Every line in the entries that holds "zero" should be identified and copied.

Stored entries:

---+---

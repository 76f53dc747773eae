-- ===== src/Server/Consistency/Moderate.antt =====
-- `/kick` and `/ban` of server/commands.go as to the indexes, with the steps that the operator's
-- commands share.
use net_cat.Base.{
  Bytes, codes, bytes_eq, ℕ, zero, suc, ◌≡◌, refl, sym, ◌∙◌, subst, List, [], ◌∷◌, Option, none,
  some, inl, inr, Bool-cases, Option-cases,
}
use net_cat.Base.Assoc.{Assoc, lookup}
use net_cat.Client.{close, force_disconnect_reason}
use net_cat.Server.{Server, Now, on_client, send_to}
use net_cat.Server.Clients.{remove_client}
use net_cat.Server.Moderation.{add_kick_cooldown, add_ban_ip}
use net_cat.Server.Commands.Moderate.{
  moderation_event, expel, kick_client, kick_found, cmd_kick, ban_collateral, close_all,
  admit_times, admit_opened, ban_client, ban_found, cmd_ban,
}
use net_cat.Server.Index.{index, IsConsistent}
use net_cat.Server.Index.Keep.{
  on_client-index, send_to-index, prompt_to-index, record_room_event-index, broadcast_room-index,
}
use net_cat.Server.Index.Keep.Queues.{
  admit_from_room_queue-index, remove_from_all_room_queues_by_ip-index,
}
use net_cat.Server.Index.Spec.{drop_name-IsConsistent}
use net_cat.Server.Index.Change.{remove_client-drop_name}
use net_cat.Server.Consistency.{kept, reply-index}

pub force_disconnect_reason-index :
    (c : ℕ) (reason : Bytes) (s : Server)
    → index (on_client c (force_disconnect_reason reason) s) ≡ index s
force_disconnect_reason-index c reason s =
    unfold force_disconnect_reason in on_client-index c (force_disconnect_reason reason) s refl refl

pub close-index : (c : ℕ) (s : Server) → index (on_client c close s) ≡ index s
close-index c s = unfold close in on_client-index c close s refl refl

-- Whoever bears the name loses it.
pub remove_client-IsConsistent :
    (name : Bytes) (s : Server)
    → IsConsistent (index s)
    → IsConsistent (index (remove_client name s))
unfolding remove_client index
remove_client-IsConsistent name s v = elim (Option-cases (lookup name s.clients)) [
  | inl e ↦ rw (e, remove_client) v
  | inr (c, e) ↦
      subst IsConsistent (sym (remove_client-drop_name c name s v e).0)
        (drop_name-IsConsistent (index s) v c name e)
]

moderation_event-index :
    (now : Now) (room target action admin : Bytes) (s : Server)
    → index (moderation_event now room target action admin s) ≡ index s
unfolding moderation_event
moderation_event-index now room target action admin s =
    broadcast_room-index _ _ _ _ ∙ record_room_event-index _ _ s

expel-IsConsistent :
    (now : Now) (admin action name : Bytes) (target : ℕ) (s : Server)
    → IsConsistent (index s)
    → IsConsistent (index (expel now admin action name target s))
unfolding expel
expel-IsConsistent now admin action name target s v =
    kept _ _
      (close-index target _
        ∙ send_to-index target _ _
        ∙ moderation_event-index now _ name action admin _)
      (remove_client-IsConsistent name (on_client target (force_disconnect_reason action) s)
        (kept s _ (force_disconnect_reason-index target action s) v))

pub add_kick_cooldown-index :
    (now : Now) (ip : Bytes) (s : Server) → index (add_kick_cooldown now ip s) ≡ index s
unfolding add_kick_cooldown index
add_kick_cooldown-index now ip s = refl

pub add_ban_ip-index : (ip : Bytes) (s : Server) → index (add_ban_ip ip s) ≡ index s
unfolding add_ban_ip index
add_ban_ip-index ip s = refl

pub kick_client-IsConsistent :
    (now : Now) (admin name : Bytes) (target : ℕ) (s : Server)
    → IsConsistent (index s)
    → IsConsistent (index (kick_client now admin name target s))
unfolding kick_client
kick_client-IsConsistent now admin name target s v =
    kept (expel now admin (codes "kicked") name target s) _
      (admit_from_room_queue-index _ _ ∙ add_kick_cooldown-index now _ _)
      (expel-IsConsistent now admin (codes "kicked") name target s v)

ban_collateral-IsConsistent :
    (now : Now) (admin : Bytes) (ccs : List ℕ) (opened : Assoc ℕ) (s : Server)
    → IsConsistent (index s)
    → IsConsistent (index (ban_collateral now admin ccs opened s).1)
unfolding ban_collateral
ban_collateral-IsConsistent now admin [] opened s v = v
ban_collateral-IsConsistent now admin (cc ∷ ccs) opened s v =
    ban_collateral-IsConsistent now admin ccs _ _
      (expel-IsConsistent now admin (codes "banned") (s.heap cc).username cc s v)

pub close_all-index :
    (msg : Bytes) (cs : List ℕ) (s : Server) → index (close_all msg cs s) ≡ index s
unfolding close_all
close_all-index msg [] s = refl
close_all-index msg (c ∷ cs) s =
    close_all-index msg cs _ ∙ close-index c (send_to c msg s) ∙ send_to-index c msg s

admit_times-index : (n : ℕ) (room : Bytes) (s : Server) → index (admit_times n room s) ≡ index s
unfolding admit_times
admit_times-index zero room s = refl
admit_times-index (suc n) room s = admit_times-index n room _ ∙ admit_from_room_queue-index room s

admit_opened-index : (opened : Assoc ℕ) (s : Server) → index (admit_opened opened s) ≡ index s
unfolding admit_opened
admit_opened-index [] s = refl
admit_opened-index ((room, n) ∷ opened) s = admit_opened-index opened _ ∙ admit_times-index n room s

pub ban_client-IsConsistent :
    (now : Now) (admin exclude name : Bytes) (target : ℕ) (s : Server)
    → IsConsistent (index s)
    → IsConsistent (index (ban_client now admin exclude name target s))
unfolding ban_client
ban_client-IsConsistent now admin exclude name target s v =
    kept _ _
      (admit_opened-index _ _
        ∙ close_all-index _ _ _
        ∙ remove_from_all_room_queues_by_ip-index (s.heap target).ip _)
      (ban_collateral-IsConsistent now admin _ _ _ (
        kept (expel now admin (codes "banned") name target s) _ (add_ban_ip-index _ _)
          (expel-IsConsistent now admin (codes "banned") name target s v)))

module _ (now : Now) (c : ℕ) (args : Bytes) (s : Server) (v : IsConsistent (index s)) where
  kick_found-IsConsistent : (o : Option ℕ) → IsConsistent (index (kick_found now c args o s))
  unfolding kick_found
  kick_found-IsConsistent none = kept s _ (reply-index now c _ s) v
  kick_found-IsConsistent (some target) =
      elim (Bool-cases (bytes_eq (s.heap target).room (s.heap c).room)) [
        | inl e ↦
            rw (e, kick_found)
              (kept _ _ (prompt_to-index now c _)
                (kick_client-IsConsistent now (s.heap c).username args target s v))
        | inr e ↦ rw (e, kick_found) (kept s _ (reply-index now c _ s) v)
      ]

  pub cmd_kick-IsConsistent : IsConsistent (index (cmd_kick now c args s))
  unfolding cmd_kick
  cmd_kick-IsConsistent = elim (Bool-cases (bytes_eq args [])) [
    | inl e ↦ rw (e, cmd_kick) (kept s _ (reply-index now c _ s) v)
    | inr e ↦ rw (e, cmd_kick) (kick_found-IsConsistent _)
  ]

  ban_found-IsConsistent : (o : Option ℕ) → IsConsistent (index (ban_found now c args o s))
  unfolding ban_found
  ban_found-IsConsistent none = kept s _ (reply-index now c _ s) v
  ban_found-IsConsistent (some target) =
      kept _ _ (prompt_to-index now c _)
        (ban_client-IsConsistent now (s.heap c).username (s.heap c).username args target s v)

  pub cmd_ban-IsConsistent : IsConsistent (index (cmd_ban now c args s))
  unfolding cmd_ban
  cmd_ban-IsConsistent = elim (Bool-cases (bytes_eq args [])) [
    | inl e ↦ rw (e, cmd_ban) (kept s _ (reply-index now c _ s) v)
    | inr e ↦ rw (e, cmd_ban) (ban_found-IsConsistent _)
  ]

---+---

— Solved problem —
  Bytes, codes, bytes_eq, ℕ, zero, suc, ◌≡◌, refl, sym, ◌∙◌, subst, List, [], ◌∷◌, Option, none,
admit_times-index zero room s = refl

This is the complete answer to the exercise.